## To do
Return each line of the listing in which the word "stand" appears.

## Source material
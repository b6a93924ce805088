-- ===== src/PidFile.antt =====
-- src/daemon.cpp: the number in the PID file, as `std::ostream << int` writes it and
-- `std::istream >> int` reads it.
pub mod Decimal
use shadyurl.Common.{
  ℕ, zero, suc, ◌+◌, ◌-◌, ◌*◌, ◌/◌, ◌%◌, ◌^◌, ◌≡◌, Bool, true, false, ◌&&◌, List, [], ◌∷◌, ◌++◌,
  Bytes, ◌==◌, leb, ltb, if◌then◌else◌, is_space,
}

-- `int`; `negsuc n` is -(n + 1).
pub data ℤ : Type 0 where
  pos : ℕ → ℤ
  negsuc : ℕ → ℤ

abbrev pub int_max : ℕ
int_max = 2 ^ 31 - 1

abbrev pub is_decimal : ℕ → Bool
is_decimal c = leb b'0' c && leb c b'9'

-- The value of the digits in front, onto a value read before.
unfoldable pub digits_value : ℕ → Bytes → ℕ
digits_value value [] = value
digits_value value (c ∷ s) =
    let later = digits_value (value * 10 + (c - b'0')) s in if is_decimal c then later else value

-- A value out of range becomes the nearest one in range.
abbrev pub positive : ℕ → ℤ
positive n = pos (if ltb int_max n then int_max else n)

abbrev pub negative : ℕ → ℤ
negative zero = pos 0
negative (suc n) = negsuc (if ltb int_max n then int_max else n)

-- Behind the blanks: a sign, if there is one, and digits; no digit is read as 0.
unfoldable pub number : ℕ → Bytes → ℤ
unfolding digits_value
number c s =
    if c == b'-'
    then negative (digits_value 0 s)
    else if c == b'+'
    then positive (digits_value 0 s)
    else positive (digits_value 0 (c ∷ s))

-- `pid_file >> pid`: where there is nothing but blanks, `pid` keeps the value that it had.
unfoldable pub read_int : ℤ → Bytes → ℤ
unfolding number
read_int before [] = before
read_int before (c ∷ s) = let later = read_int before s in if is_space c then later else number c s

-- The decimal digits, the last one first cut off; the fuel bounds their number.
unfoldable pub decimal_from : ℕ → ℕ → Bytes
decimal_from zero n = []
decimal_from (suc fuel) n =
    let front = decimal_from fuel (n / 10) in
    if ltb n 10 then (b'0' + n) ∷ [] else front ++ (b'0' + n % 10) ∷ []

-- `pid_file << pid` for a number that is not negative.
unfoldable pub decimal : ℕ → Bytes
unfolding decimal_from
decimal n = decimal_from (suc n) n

==

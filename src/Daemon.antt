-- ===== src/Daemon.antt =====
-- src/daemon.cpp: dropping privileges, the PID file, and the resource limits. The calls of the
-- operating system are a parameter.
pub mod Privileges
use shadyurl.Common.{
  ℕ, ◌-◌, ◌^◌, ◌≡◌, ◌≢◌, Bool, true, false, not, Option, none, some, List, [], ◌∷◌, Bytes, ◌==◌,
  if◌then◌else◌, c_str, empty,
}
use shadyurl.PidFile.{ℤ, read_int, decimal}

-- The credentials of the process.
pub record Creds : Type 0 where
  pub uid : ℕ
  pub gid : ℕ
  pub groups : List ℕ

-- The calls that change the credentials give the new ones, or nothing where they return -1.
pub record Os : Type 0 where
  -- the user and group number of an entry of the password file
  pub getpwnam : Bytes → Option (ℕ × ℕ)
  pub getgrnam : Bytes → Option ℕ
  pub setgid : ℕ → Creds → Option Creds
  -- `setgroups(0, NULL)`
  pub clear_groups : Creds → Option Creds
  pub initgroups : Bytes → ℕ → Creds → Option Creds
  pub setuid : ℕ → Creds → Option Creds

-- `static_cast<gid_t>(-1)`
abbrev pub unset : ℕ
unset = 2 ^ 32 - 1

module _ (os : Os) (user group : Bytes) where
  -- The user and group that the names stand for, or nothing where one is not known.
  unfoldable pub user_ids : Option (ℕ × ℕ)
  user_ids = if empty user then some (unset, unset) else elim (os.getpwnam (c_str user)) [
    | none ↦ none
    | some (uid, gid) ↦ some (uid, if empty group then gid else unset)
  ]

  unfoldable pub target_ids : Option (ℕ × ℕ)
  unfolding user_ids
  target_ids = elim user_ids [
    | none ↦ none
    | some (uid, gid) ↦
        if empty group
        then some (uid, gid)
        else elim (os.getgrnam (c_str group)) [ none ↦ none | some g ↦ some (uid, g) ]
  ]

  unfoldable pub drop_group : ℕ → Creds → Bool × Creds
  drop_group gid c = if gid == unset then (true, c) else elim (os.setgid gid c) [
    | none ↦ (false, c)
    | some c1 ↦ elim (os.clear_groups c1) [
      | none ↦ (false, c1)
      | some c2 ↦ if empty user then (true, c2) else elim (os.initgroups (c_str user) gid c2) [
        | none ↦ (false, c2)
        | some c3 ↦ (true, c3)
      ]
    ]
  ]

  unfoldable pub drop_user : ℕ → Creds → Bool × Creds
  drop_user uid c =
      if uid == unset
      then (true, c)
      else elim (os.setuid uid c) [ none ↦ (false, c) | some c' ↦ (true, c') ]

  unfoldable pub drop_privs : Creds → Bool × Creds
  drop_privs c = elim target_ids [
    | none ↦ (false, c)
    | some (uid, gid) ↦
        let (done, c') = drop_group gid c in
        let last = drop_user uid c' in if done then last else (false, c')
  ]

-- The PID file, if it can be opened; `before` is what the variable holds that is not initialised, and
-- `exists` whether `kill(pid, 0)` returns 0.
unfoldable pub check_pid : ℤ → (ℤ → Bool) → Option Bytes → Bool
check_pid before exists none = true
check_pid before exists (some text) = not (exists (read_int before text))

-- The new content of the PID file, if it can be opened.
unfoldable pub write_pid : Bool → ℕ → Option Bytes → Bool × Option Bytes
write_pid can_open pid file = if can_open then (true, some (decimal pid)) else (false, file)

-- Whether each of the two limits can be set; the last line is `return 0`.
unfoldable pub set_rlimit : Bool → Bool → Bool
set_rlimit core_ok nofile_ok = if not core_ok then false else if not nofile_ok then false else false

* * *

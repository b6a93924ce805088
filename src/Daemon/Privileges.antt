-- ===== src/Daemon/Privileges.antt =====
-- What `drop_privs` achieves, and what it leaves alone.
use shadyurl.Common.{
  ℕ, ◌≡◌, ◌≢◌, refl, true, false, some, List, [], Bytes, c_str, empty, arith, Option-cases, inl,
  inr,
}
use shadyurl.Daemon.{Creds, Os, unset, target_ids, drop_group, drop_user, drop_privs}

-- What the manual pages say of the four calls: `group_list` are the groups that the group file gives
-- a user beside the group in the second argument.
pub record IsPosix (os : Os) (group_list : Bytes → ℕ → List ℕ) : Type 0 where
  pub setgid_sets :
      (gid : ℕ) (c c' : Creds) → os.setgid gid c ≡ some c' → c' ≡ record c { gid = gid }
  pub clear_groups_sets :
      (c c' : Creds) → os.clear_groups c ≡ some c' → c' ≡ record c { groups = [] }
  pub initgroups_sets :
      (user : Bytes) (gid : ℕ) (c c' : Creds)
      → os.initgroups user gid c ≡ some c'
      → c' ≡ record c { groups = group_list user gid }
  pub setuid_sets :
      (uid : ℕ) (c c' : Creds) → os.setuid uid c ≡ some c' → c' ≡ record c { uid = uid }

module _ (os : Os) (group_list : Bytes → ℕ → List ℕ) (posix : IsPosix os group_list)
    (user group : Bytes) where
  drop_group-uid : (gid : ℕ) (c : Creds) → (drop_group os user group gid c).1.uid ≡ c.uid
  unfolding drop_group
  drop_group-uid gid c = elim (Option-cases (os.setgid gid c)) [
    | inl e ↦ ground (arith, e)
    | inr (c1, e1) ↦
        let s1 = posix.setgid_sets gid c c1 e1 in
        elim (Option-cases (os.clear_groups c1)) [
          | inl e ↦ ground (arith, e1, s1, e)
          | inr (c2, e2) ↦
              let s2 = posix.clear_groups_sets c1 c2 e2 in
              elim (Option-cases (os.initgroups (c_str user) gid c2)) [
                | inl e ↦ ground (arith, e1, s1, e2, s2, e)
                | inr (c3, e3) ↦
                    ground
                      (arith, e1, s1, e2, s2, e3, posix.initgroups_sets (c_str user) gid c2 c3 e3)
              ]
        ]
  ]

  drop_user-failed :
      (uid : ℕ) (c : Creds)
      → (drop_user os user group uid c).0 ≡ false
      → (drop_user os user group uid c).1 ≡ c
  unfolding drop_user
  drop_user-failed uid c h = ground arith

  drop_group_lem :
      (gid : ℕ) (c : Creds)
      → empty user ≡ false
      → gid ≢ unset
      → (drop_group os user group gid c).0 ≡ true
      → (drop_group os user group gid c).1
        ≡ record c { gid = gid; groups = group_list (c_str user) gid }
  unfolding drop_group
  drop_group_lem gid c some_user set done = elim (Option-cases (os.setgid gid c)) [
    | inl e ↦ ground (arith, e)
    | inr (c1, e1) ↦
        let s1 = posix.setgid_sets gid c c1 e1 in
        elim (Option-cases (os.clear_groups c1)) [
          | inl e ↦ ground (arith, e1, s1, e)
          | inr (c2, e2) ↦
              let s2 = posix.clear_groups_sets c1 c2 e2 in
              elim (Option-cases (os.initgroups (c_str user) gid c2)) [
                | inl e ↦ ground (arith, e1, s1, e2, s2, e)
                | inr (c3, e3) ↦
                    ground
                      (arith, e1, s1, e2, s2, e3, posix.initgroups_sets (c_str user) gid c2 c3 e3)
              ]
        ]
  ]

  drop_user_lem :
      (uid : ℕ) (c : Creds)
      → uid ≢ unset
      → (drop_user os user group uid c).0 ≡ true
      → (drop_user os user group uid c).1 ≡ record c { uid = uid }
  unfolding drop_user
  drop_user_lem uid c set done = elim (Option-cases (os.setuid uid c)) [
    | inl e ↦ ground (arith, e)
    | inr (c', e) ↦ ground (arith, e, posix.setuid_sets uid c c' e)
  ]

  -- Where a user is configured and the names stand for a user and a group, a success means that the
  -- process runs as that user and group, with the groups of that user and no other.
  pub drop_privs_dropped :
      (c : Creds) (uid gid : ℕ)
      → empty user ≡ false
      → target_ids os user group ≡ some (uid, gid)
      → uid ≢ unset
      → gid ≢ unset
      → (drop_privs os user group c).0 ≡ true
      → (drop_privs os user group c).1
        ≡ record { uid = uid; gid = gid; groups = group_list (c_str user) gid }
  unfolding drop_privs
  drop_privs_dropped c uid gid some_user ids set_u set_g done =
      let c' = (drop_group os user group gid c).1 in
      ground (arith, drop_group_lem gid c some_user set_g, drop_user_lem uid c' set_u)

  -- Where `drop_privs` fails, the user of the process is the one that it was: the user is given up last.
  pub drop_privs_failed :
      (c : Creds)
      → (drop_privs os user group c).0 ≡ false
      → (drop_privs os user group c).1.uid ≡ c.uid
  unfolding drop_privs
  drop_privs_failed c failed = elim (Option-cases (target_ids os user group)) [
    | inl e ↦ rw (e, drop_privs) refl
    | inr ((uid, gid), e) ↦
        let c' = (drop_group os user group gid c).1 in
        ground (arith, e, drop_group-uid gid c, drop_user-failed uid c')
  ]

## Solution to this task
  -- The user and group that the names stand for, or nothing where one is not known.
  -- Where a user is configured and the names stand for a user and a group, a success means that the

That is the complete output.